Below is a set of records; print all of them exactly as written.

Stored data entries:
────────

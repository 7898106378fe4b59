-- ===== src/Embedder/Memory/Stored.antt =====
-- What `memory_write` of nodes/embedder_4070/server.py leaves in the collection.
use text.Mathlib.TextLemmas.{append_cancel_left}
use project_nexus.Prelude.{
  ℕ, zero, suc, ◌+◌, ◌≡◌, ◌≢◌, refl, ap, ◌∙◌, true, false, Option, some, List, [], ◌∷◌, String, map,
  length, get_elem?, none_ne_some, some_injective, ap₂, ◌==◌, arith, eq_refl, test_of_ne,
}
use project_nexus.Py.Number.{str_of_nat_injective}
use project_nexus.Py.Dict.{lookup}
use project_nexus.Embedder.Scopes.Defs.{ok, Meta}
use project_nexus.Embedder.Chunker.Pack.{chunk_turn}
use project_nexus.Embedder.Memory.Chroma.{Row, Chroma, zip_rows, add_documents, first_of}
use project_nexus.Embedder.Memory.Requests.{
  returns, WriteRequest, ChunkSettings, concatenate_turn, resolve_session_id, turn_id, chunk_id,
  chunk_meta, number_chunks, check_provenance,
}
use project_nexus.Embedder.Memory.Endpoints.{
  embed_texts, added, write_chunks, write_checked, write_session, memory_write,
}

length-map : {A B : Type 0} (f : A → B) (xs : List A) → length (map f xs) ≡ length xs
length-map f [] = refl
length-map f (x ∷ xs) = ap suc (length-map f xs)

pub chunk_id_injective : (parent : String) (n m : ℕ) → chunk_id parent n ≡ chunk_id parent m → n ≡ m
unfolding chunk_id
chunk_id_injective parent n m e =
    str_of_nat_injective n m (append_cancel_left ":" _ _ (append_cancel_left parent _ _ e))

module _ (session_id : String) (req : WriteRequest) (total : ℕ) where
  abbrev numbered : ℕ → List String → List String × List Meta
  numbered idx chunks = number_chunks session_id req total idx chunks

  length-ids : (idx : ℕ) (chunks : List String) → length (numbered idx chunks).0 ≡ length chunks
  unfolding number_chunks
  length-ids idx [] = refl
  length-ids idx (c ∷ chunks) = ap suc (length-ids (idx + 1) chunks)

  length-metas : (idx : ℕ) (chunks : List String) → length (numbered idx chunks).1 ≡ length chunks
  unfolding number_chunks
  length-metas idx [] = refl
  length-metas idx (c ∷ chunks) = ap suc (length-metas (idx + 1) chunks)

  -- the row of the `n`-th chunk
  abbrev pub chunk_row : {Vec : Type 0} → (String → Vec) → String → ℕ → Row Vec
  chunk_row encode text n = record {
    document = text;
    embedding = some (encode text);
    metadata = some (chunk_meta session_id req total n);
  }

  present :
      (n m : ℕ)
      → n ≡ m
      → (chunk_id (turn_id session_id req.turn_idx) n
          == chunk_id (turn_id session_id req.turn_idx) m)
        ≡ true
  present n m e = rw e (eq_refl _)

  absent :
      (n m : ℕ)
      → n ≢ m
      → (chunk_id (turn_id session_id req.turn_idx) n
          == chunk_id (turn_id session_id req.turn_idx) m)
        ≡ false
  absent n m e =
      test_of_ne _ _ (λ q. e (chunk_id_injective (turn_id session_id req.turn_idx) n m q))

  lookup-chunks :
      {Vec : Type 0} (encode : String → Vec) (idx k n : ℕ) (chunks : List String) (text : String)
      → get_elem? chunks k ≡ some text
      → n ≡ idx + k
      → lookup
          (chunk_id (turn_id session_id req.turn_idx) n)
          (zip_rows (numbered idx chunks).0 chunks (map encode chunks) (numbered idx chunks).1)
        ≡ some (chunk_row encode text n)
  unfolding lookup number_chunks zip_rows
  lookup-chunks encode idx k n [] text e h = absurd (none_ne_some e)
  lookup-chunks encode idx zero n (c ∷ chunks) text e h =
      rw (present idx n (omega (arith, h)))
        (ap₂ (λ t j. some (chunk_row encode t j)) (some_injective e) (omega (arith, h)))
  lookup-chunks encode idx (suc k) n (c ∷ chunks) text e h =
      rw (absent idx n (λ q. absurd (omega (arith, h, q))))
        (lookup-chunks encode (idx + 1) k n chunks text e (omega (arith, h)))

module _ {Coll Vec Dist : Type 0} (db : Chroma Coll Vec Dist) (encode : String → Vec) where
  -- `add_documents` takes the batch of a turn.
  batch_added :
      (session_id : String) (req : WriteRequest) (total : ℕ) (chunk : String) (more : List String)
      (c : Coll)
      → let chunks = chunk ∷ more in
        let n = numbered session_id req total 0 chunks in
        add_documents db n.0 chunks (map encode chunks) n.1 c
        ≡ ok (db.add (zip_rows n.0 chunks (map encode chunks) n.1) c)
  unfolding add_documents number_chunks
  batch_added session_id req total chunk more c = ground (
    arith,
    length-ids session_id req total 1 more,
    length-metas session_id req total 1 more,
    length-map encode more,
  )

  -- the document of a request, in its chunks
  abbrev pub document_chunks : (String → ℕ) → ChunkSettings → WriteRequest → List String
  document_chunks tokens settings req =
      chunk_turn tokens (concatenate_turn req.user_text req.assistant_text) settings.threshold
        settings.target settings.overlap

  get-write_chunks :
      (req : WriteRequest) (session_id : String) (chunks : List String) (c : Coll) (k : ℕ)
      (text : String)
      → get_elem? chunks k ≡ some text
      → let i = chunk_id (turn_id session_id req.turn_idx) k in
        db.get (write_chunks db encode req session_id chunks c).1 i
        ≡ first_of (db.get c i) (some (chunk_row session_id req (length chunks) encode text k))
  unfolding write_chunks embed_texts added
  get-write_chunks req session_id [] c k text e = absurd (none_ne_some e)
  get-write_chunks req session_id (chunk ∷ more) c k text e =
      let i = chunk_id (turn_id session_id req.turn_idx) k in
      rw (batch_added session_id req (length (chunk ∷ more)) chunk more c) (
        db.get-add _ c i
        ∙ ap (first_of (db.get c i))
            (lookup-chunks session_id req _ encode 0 k k (chunk ∷ more) text e (omega arith)))

  -- A write of an allowed scope and a known origin, in a session, stores each chunk of its document
  -- under the id of the turn and the chunk's number, with its vector and its metadata, where no row
  -- stood under that id; a row that stood there stays.
  pub get-memory_write :
      (tokens : String → ℕ) (settings : ChunkSettings) (req : WriteRequest) (header : Option String)
      (session_id : String) (c : Coll) (k : ℕ) (text : String)
      → resolve_session_id header ≡ returns session_id
      → check_provenance req ≡ ok tt
      → get_elem? (document_chunks tokens settings req) k ≡ some text
      → let i = chunk_id (turn_id session_id req.turn_idx) k in
        let total = length (document_chunks tokens settings req) in
        db.get (memory_write db encode tokens settings req header c).1 i
        ≡ first_of (db.get c i) (some (chunk_row session_id req total encode text k))
  unfolding memory_write write_session write_checked
  get-memory_write tokens settings req header session_id c k text s p e =
      rw (s, p) (get-write_chunks req session_id (document_chunks tokens settings req) c k text e)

────────

## EXERCISE OUTPUT
repository 7898106378fe4b59
-- ===== src/Embedder/Memory/Stored.antt =====
-- What `memory_write` of nodes/embedder_4070/server.py leaves in the collection.
use text.Mathlib.TextLemmas.{append_cancel_left}
use project_nexus.Prelude.{
  ℕ, zero, suc, ◌+◌, ◌≡◌, ◌≢◌, refl, ap, ◌∙◌, true, false, Option, some, List, [], ◌∷◌, String, map,
  length, get_elem?, none_ne_some, some_injective, ap₂, ◌==◌, arith, eq_refl, test_of_ne,
}
use project_nexus.Py.Number.{str_of_nat_injective}
use project_nexus.Py.Dict.{lookup}
use project_nexus.Embedder.Scopes.Defs.{ok, Meta}
use project_nexus.Embedder.Chunker.Pack.{chunk_turn}
use project_nexus.Embedder.Memory.Chroma.{Row, Chroma, zip_rows, add_documents, first_of}
use project_nexus.Embedder.Memory.Requests.{
  returns, WriteRequest, ChunkSettings, concatenate_turn, resolve_session_id, turn_id, chunk_id,
  chunk_meta, number_chunks, check_provenance,
}
use project_nexus.Embedder.Memory.Endpoints.{
  embed_texts, added, write_chunks, write_checked, write_session, memory_write,
}

length-map : {A B : Type 0} (f : A → B) (xs : List A) → length (map f xs) ≡ length xs
length-map f [] = refl
length-map f (x ∷ xs) = ap suc (length-map f xs)

pub chunk_id_injective : (parent : String) (n m : ℕ) → chunk_id parent n ≡ chunk_id parent m → n ≡ m
unfolding chunk_id
chunk_id_injective parent n m e =
    str_of_nat_injective n m (append_cancel_left ":" _ _ (append_cancel_left parent _ _ e))

module _ (session_id : String) (req : WriteRequest) (total : ℕ) where
  abbrev numbered : ℕ → List String → List String × List Meta
  numbered idx chunks = number_chunks session_id req total idx chunks

  length-ids : (idx : ℕ) (chunks : List String) → length (numbered idx chunks).0 ≡ length chunks
  unfolding number_chunks
  length-ids idx [] = refl
  length-ids idx (c ∷ chunks) = ap suc (length-ids (idx + 1) chunks)

  length-metas : (idx : ℕ) (chunks : List String) → length (numbered idx chunks).1 ≡ length chunks
  unfolding number_chunks
  length-metas idx [] = refl
  length-metas idx (c ∷ chunks) = ap suc (length-metas (idx + 1) chunks)

  -- the row of the `n`-th chunk
  abbrev pub chunk_row : {Vec : Type 0} → (String → Vec) → String → ℕ → Row Vec
  chunk_row encode text n = record {
    document = text;
    embedding = some (encode text);
    metadata = some (chunk_meta session_id req total n);
  }

  present :
      (n m : ℕ)
      → n ≡ m
      → (chunk_id (turn_id session_id req.turn_idx) n
          == chunk_id (turn_id session_id req.turn_idx) m)
        ≡ true
  present n m e = rw e (eq_refl _)

  absent :
      (n m : ℕ)
      → n ≢ m
      → (chunk_id (turn_id session_id req.turn_idx) n
          == chunk_id (turn_id session_id req.turn_idx) m)
        ≡ false
  absent n m e =
      test_of_ne _ _ (λ q. e (chunk_id_injective (turn_id session_id req.turn_idx) n m q))

  lookup-chunks :
      {Vec : Type 0} (encode : String → Vec) (idx k n : ℕ) (chunks : List String) (text : String)
      → get_elem? chunks k ≡ some text
      → n ≡ idx + k
      → lookup
          (chunk_id (turn_id session_id req.turn_idx) n)
          (zip_rows (numbered idx chunks).0 chunks (map encode chunks) (numbered idx chunks).1)
        ≡ some (chunk_row encode text n)
  unfolding lookup number_chunks zip_rows
  lookup-chunks encode idx k n [] text e h = absurd (none_ne_some e)
  lookup-chunks encode idx zero n (c ∷ chunks) text e h =
      rw (present idx n (omega (arith, h)))
        (ap₂ (λ t j. some (chunk_row encode t j)) (some_injective e) (omega (arith, h)))
  lookup-chunks encode idx (suc k) n (c ∷ chunks) text e h =
      rw (absent idx n (λ q. absurd (omega (arith, h, q))))
        (lookup-chunks encode (idx + 1) k n chunks text e (omega (arith, h)))

module _ {Coll Vec Dist : Type 0} (db : Chroma Coll Vec Dist) (encode : String → Vec) where
  -- `add_documents` takes the batch of a turn.
  batch_added :
      (session_id : String) (req : WriteRequest) (total : ℕ) (chunk : String) (more : List String)
      (c : Coll)
      → let chunks = chunk ∷ more in
        let n = numbered session_id req total 0 chunks in
        add_documents db n.0 chunks (map encode chunks) n.1 c
        ≡ ok (db.add (zip_rows n.0 chunks (map encode chunks) n.1) c)
  unfolding add_documents number_chunks
  batch_added session_id req total chunk more c = ground (
    arith,
    length-ids session_id req total 1 more,
    length-metas session_id req total 1 more,
    length-map encode more,
  )

  -- the document of a request, in its chunks
  abbrev pub document_chunks : (String → ℕ) → ChunkSettings → WriteRequest → List String
  document_chunks tokens settings req =
      chunk_turn tokens (concatenate_turn req.user_text req.assistant_text) settings.threshold
        settings.target settings.overlap

  get-write_chunks :
      (req : WriteRequest) (session_id : String) (chunks : List String) (c : Coll) (k : ℕ)
      (text : String)
      → get_elem? chunks k ≡ some text
      → let i = chunk_id (turn_id session_id req.turn_idx) k in
        db.get (write_chunks db encode req session_id chunks c).1 i
        ≡ first_of (db.get c i) (some (chunk_row session_id req (length chunks) encode text k))
  unfolding write_chunks embed_texts added
  get-write_chunks req session_id [] c k text e = absurd (none_ne_some e)
  get-write_chunks req session_id (chunk ∷ more) c k text e =
      let i = chunk_id (turn_id session_id req.turn_idx) k in
      rw (batch_added session_id req (length (chunk ∷ more)) chunk more c) (
        db.get-add _ c i
        ∙ ap (first_of (db.get c i))
            (lookup-chunks session_id req _ encode 0 k k (chunk ∷ more) text e (omega arith)))

  -- A write of an allowed scope and a known origin, in a session, stores each chunk of its document
  -- under the id of the turn and the chunk's number, with its vector and its metadata, where no row
  -- stood under that id; a row that stood there stays.
  pub get-memory_write :
      (tokens : String → ℕ) (settings : ChunkSettings) (req : WriteRequest) (header : Option String)
      (session_id : String) (c : Coll) (k : ℕ) (text : String)
      → resolve_session_id header ≡ returns session_id
      → check_provenance req ≡ ok tt
      → get_elem? (document_chunks tokens settings req) k ≡ some text
      → let i = chunk_id (turn_id session_id req.turn_idx) k in
        let total = length (document_chunks tokens settings req) in
        db.get (memory_write db encode tokens settings req header c).1 i
        ≡ first_of (db.get c i) (some (chunk_row session_id req total encode text k))
  unfolding memory_write write_session write_checked
  get-memory_write tokens settings req header session_id c k text s p e =
      rw (s, p) (get-write_chunks req session_id (document_chunks tokens settings req) c k text e)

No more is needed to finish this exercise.